### To do
With the listing in front of you, retype it exactly.

### Data for analysis
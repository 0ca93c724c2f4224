-- ===== src/GenericXor/Tests.antt =====
-- Encoded messages, and the theorems about them.
use nepenthes.Base.{true, false, ℕ, ◌≡◌, refl, arith, List, [], ◌∷◌, ◌++◌, none, some, done, codes}
use nepenthes.ShellcodeManager.{sch_reprocess}
use nepenthes.GenericXor.{
  Match, XorPcreContext, code_size, xor_words, decode, handle_shellcode, handle_konstanz,
}
use nepenthes.GenericXor.Decoding.{with_word}
use nepenthes.GenericXor.Messages.{
  decoded_message, handle_shellcode-Encodes, counted, handle_konstanz-counted,
}

abbrev plain : List ℕ
plain = 144 ∷ 204 ∷ 1 ∷ 255 ∷ 0 ∷ 7 ∷ 8 ∷ 9 ∷ []

-- Two words, whose number is given as 256 - 254, behind a decoder of three bytes.
abbrev example_match : Match
example_match = record {
  preload = codes "A";
  xordecoder = 217 ∷ 254 ∷ 226 ∷ [];
  size = 254 ∷ [];
  key = 17 ∷ 34 ∷ 51 ∷ 68 ∷ [];
  code = with_word 17 34 51 68 plain ++ codes "B";
}

abbrev message : List ℕ
message = codes "A" ++ (217 ∷ 254 ∷ 226 ∷ []) ++ (with_word 17 34 51 68 plain ++ codes "B")

abbrev silent : XorPcreContext
silent = record { exec = λ msg. none; size_invert = false }

abbrev finding : XorPcreContext
finding = record { exec = λ msg. some example_match; size_invert = true }

handle_shellcode-Encodes_example :
    handle_shellcode (silent ∷ finding ∷ []) message
    ≡ done (sch_reprocess, decoded_message example_match (plain ++ codes "B"))
unfolding code_size
handle_shellcode-Encodes_example =
    handle_shellcode-Encodes (silent ∷ []) [] finding example_match message plain (codes "B")
      (refl, tt) refl refl (omega arith)
      ((omega arith, omega arith, omega arith, omega arith), refl, omega arith, refl)

handle_konstanz-counted_example :
    handle_konstanz (λ msg. some (7 ∷ 0 ∷ [], counted 0 plain ++ codes "B")) (codes "x")
    ≡ done (sch_reprocess, plain)
handle_konstanz-counted_example =
    handle_konstanz-counted (λ msg. some (7 ∷ 0 ∷ [], counted 0 plain ++ codes "B")) (codes "x")
      plain (codes "B") 7 0 refl refl (omega arith) (omega arith)

-- The last word of the message is left encoded.
last_word : decode 1 (17 ∷ 34 ∷ 51 ∷ 68 ∷ []) (9 ∷ 9 ∷ 9 ∷ 9 ∷ []) ≡ 9 ∷ 9 ∷ 9 ∷ 9 ∷ []
unfolding decode xor_words
last_word = refl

### Solution to this task
repository 0ca93c724c2f4224
-- ===== src/GenericXor/Tests.antt =====
-- Encoded messages, and the theorems about them.
use nepenthes.Base.{true, false, ℕ, ◌≡◌, refl, arith, List, [], ◌∷◌, ◌++◌, none, some, done, codes}
use nepenthes.ShellcodeManager.{sch_reprocess}
use nepenthes.GenericXor.{
  Match, XorPcreContext, code_size, xor_words, decode, handle_shellcode, handle_konstanz,
}
use nepenthes.GenericXor.Decoding.{with_word}
use nepenthes.GenericXor.Messages.{
  decoded_message, handle_shellcode-Encodes, counted, handle_konstanz-counted,
}

abbrev plain : List ℕ
plain = 144 ∷ 204 ∷ 1 ∷ 255 ∷ 0 ∷ 7 ∷ 8 ∷ 9 ∷ []

-- Two words, whose number is given as 256 - 254, behind a decoder of three bytes.
abbrev example_match : Match
example_match = record {
  preload = codes "A";
  xordecoder = 217 ∷ 254 ∷ 226 ∷ [];
  size = 254 ∷ [];
  key = 17 ∷ 34 ∷ 51 ∷ 68 ∷ [];
  code = with_word 17 34 51 68 plain ++ codes "B";
}

abbrev message : List ℕ
message = codes "A" ++ (217 ∷ 254 ∷ 226 ∷ []) ++ (with_word 17 34 51 68 plain ++ codes "B")

abbrev silent : XorPcreContext
silent = record { exec = λ msg. none; size_invert = false }

abbrev finding : XorPcreContext
finding = record { exec = λ msg. some example_match; size_invert = true }

handle_shellcode-Encodes_example :
    handle_shellcode (silent ∷ finding ∷ []) message
    ≡ done (sch_reprocess, decoded_message example_match (plain ++ codes "B"))
unfolding code_size
handle_shellcode-Encodes_example =
    handle_shellcode-Encodes (silent ∷ []) [] finding example_match message plain (codes "B")
      (refl, tt) refl refl (omega arith)
      ((omega arith, omega arith, omega arith, omega arith), refl, omega arith, refl)

handle_konstanz-counted_example :
    handle_konstanz (λ msg. some (7 ∷ 0 ∷ [], counted 0 plain ++ codes "B")) (codes "x")
    ≡ done (sch_reprocess, plain)
handle_konstanz-counted_example =
    handle_konstanz-counted (λ msg. some (7 ∷ 0 ∷ [], counted 0 plain ++ codes "B")) (codes "x")
      plain (codes "B") 7 0 refl refl (omega arith) (omega arith)

-- The last word of the message is left encoded.
last_word : decode 1 (17 ∷ 34 ∷ 51 ∷ 68 ∷ []) (9 ∷ 9 ∷ 9 ∷ 9 ∷ []) ≡ 9 ∷ 9 ∷ 9 ∷ 9 ∷ []
unfolding decode xor_words
last_word = refl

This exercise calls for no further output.